== Exercise instructions ==
With no line left out, restate the data word for word.

(The input begins)

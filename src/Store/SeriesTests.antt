-- ===== src/Store/SeriesTests.antt =====
-- store.py: `series` at a small database.
use aws_ops_monitor.Prelude.{
  ℕ, ◌*◌, ◌≡◌, ◌≤◌, refl, String, false, Option, none, some, List, [], ◌∷◌, length, ok, str_eq,
  sum_by, if◌then◌else◌,
}
use aws_ops_monitor.Prelude.Int.{pos}
use aws_ops_monitor.Prelude.Float.{micro}
use aws_ops_monitor.Prelude.Json.{Json, text, dict, end, field, get_field}
use aws_ops_monitor.Prelude.Text.{strip_prefix}
use aws_ops_monitor.Prelude.Sorting.{sort_by, insert_by}
use aws_ops_monitor.Models
use aws_ops_monitor.Store.{Tables, CounterRow, empty_tables}
use aws_ops_monitor.Store.SeriesRows.{
  Reader, SeriesRow, of_sample, series_rows, label_text, is_external_name, is_external_interface,
  labelled_cell, parsed_cell, cell_of,
}
use aws_ops_monitor.Store.Series.{
  Point, at_bucket, add_xray, add_cell, fill, merge_xray, merged, series_points, series,
}
use aws_ops_monitor.Store.SeriesTotals.{rx_at, tx_at, row_rx, row_tx, series_points-host_bytes}
use aws_ops_monitor.Store.SeriesOrder.{Ascending, series-Ascending}

abbrev loads : String → Option Json
loads s =
    if str_eq s "eth0"
    then some (dict (field "interface" (text "eth0") end))
    else if str_eq s "veth1"
    then some (dict (field "interface" (text "veth1") end))
    else if str_eq s "user"
    then some (dict (field "scope" (text "user") (field "direction" (text "uplink") end)))
    else none

abbrev reader : Reader
reader = record { json_loads = loads; show = λ _. "None" }

abbrev at : ℕ → String → String → String → ℕ → CounterRow
at t source name labels delta = record {
  observed_at = t * micro;
  counter_key = "key";
  source = source;
  name = name;
  labels_json = labels;
  reset_id = "boot";
  raw_value = delta;
  delta_value = delta;
  is_baseline = false;
  is_reset = false;
}

abbrev traffic : Tables
traffic = record empty_tables {
  counter_samples =
      at 125 "host" "network_receive_bytes_total" "eth0" 7
      ∷ at 61 "host" "network_receive_bytes_total" "eth0" 5
      ∷ at 130 "host" "network_receive_bytes_total" "veth1" 100
      ∷ at 140 "host" "network_receive_bytes_total" "eth0" 4
      ∷ at 70 "xray" "traffic_bytes_total" "user" 3
      ∷ [];
}

abbrev charted : List Point
charted =
    record {
      timestamp = 60;
      host_rx_bytes = some 5;
      host_tx_bytes = none;
      xray_up_bytes = some 3;
      xray_down_bytes = some 0;
    }
    ∷ record {
      timestamp = 120;
      host_rx_bytes = some 11;
      host_tx_bytes = none;
      xray_up_bytes = none;
      xray_down_bytes = none;
    }
    ∷ []

code_runs : Unit {0}
unfolding label_text is_external_name is_external_interface labelled_cell parsed_cell cell_of
    at_bucket add_xray add_cell fill merge_xray merged series_points series_rows series sort_by
    insert_by get_field strip_prefix
code_runs = tt

drawn_points : series reader traffic (Models.int (pos 0)) (Models.int (pos 10)) ≡ ok charted
unfolding code_runs
drawn_points = refl

-- a traffic of the host that falls into two buckets
abbrev rows : List SeriesRow
rows =
    of_sample (at 61 "host" "network_receive_bytes_total" "eth0" 5)
    ∷ of_sample (at 125 "host" "network_transmit_bytes_total" "eth0" 7)
    ∷ []

series_points-host_bytes_example :
    (sum_by (rx_at 120) (series_points reader rows) ≡ sum_by (row_rx reader 120) rows)
    × (sum_by (tx_at 120) (series_points reader rows) ≡ sum_by (row_tx reader 120) rows)
series_points-host_bytes_example = series_points-host_bytes reader rows 120

series-Ascending_example :
    (n : ℕ) × (Models.int (pos 10) ≡ Models.int (pos n))
    × (1 ≤ n)
    × (n ≤ 10000)
    × (length charted ≤ n)
    × Ascending charted
series-Ascending_example =
    series-Ascending reader traffic (Models.int (pos 0)) (Models.int (pos 10)) charted drawn_points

(The input ends)

== Exercise output ==
filename src/Store/SeriesTests.antt
-- ===== src/Store/SeriesTests.antt =====
-- store.py: `series` at a small database.
use aws_ops_monitor.Prelude.{
  ℕ, ◌*◌, ◌≡◌, ◌≤◌, refl, String, false, Option, none, some, List, [], ◌∷◌, length, ok, str_eq,
  sum_by, if◌then◌else◌,
}
use aws_ops_monitor.Prelude.Int.{pos}
use aws_ops_monitor.Prelude.Float.{micro}
use aws_ops_monitor.Prelude.Json.{Json, text, dict, end, field, get_field}
use aws_ops_monitor.Prelude.Text.{strip_prefix}
use aws_ops_monitor.Prelude.Sorting.{sort_by, insert_by}
use aws_ops_monitor.Models
use aws_ops_monitor.Store.{Tables, CounterRow, empty_tables}
use aws_ops_monitor.Store.SeriesRows.{
  Reader, SeriesRow, of_sample, series_rows, label_text, is_external_name, is_external_interface,
  labelled_cell, parsed_cell, cell_of,
}
use aws_ops_monitor.Store.Series.{
  Point, at_bucket, add_xray, add_cell, fill, merge_xray, merged, series_points, series,
}
use aws_ops_monitor.Store.SeriesTotals.{rx_at, tx_at, row_rx, row_tx, series_points-host_bytes}
use aws_ops_monitor.Store.SeriesOrder.{Ascending, series-Ascending}

abbrev loads : String → Option Json
loads s =
    if str_eq s "eth0"
    then some (dict (field "interface" (text "eth0") end))
    else if str_eq s "veth1"
    then some (dict (field "interface" (text "veth1") end))
    else if str_eq s "user"
    then some (dict (field "scope" (text "user") (field "direction" (text "uplink") end)))
    else none

abbrev reader : Reader
reader = record { json_loads = loads; show = λ _. "None" }

abbrev at : ℕ → String → String → String → ℕ → CounterRow
at t source name labels delta = record {
  observed_at = t * micro;
  counter_key = "key";
  source = source;
  name = name;
  labels_json = labels;
  reset_id = "boot";
  raw_value = delta;
  delta_value = delta;
  is_baseline = false;
  is_reset = false;
}

abbrev traffic : Tables
traffic = record empty_tables {
  counter_samples =
      at 125 "host" "network_receive_bytes_total" "eth0" 7
      ∷ at 61 "host" "network_receive_bytes_total" "eth0" 5
      ∷ at 130 "host" "network_receive_bytes_total" "veth1" 100
      ∷ at 140 "host" "network_receive_bytes_total" "eth0" 4
      ∷ at 70 "xray" "traffic_bytes_total" "user" 3
      ∷ [];
}

abbrev charted : List Point
charted =
    record {
      timestamp = 60;
      host_rx_bytes = some 5;
      host_tx_bytes = none;
      xray_up_bytes = some 3;
      xray_down_bytes = some 0;
    }
    ∷ record {
      timestamp = 120;
      host_rx_bytes = some 11;
      host_tx_bytes = none;
      xray_up_bytes = none;
      xray_down_bytes = none;
    }
    ∷ []

code_runs : Unit {0}
unfolding label_text is_external_name is_external_interface labelled_cell parsed_cell cell_of
    at_bucket add_xray add_cell fill merge_xray merged series_points series_rows series sort_by
    insert_by get_field strip_prefix
code_runs = tt

drawn_points : series reader traffic (Models.int (pos 0)) (Models.int (pos 10)) ≡ ok charted
unfolding code_runs
drawn_points = refl

-- a traffic of the host that falls into two buckets
abbrev rows : List SeriesRow
rows =
    of_sample (at 61 "host" "network_receive_bytes_total" "eth0" 5)
    ∷ of_sample (at 125 "host" "network_transmit_bytes_total" "eth0" 7)
    ∷ []

series_points-host_bytes_example :
    (sum_by (rx_at 120) (series_points reader rows) ≡ sum_by (row_rx reader 120) rows)
    × (sum_by (tx_at 120) (series_points reader rows) ≡ sum_by (row_tx reader 120) rows)
series_points-host_bytes_example = series_points-host_bytes reader rows 120

series-Ascending_example :
    (n : ℕ) × (Models.int (pos 10) ≡ Models.int (pos n))
    × (1 ≤ n)
    × (n ≤ 10000)
    × (length charted ≤ n)
    × Ascending charted
series-Ascending_example =
    series-Ascending reader traffic (Models.int (pos 0)) (Models.int (pos 10)) charted drawn_points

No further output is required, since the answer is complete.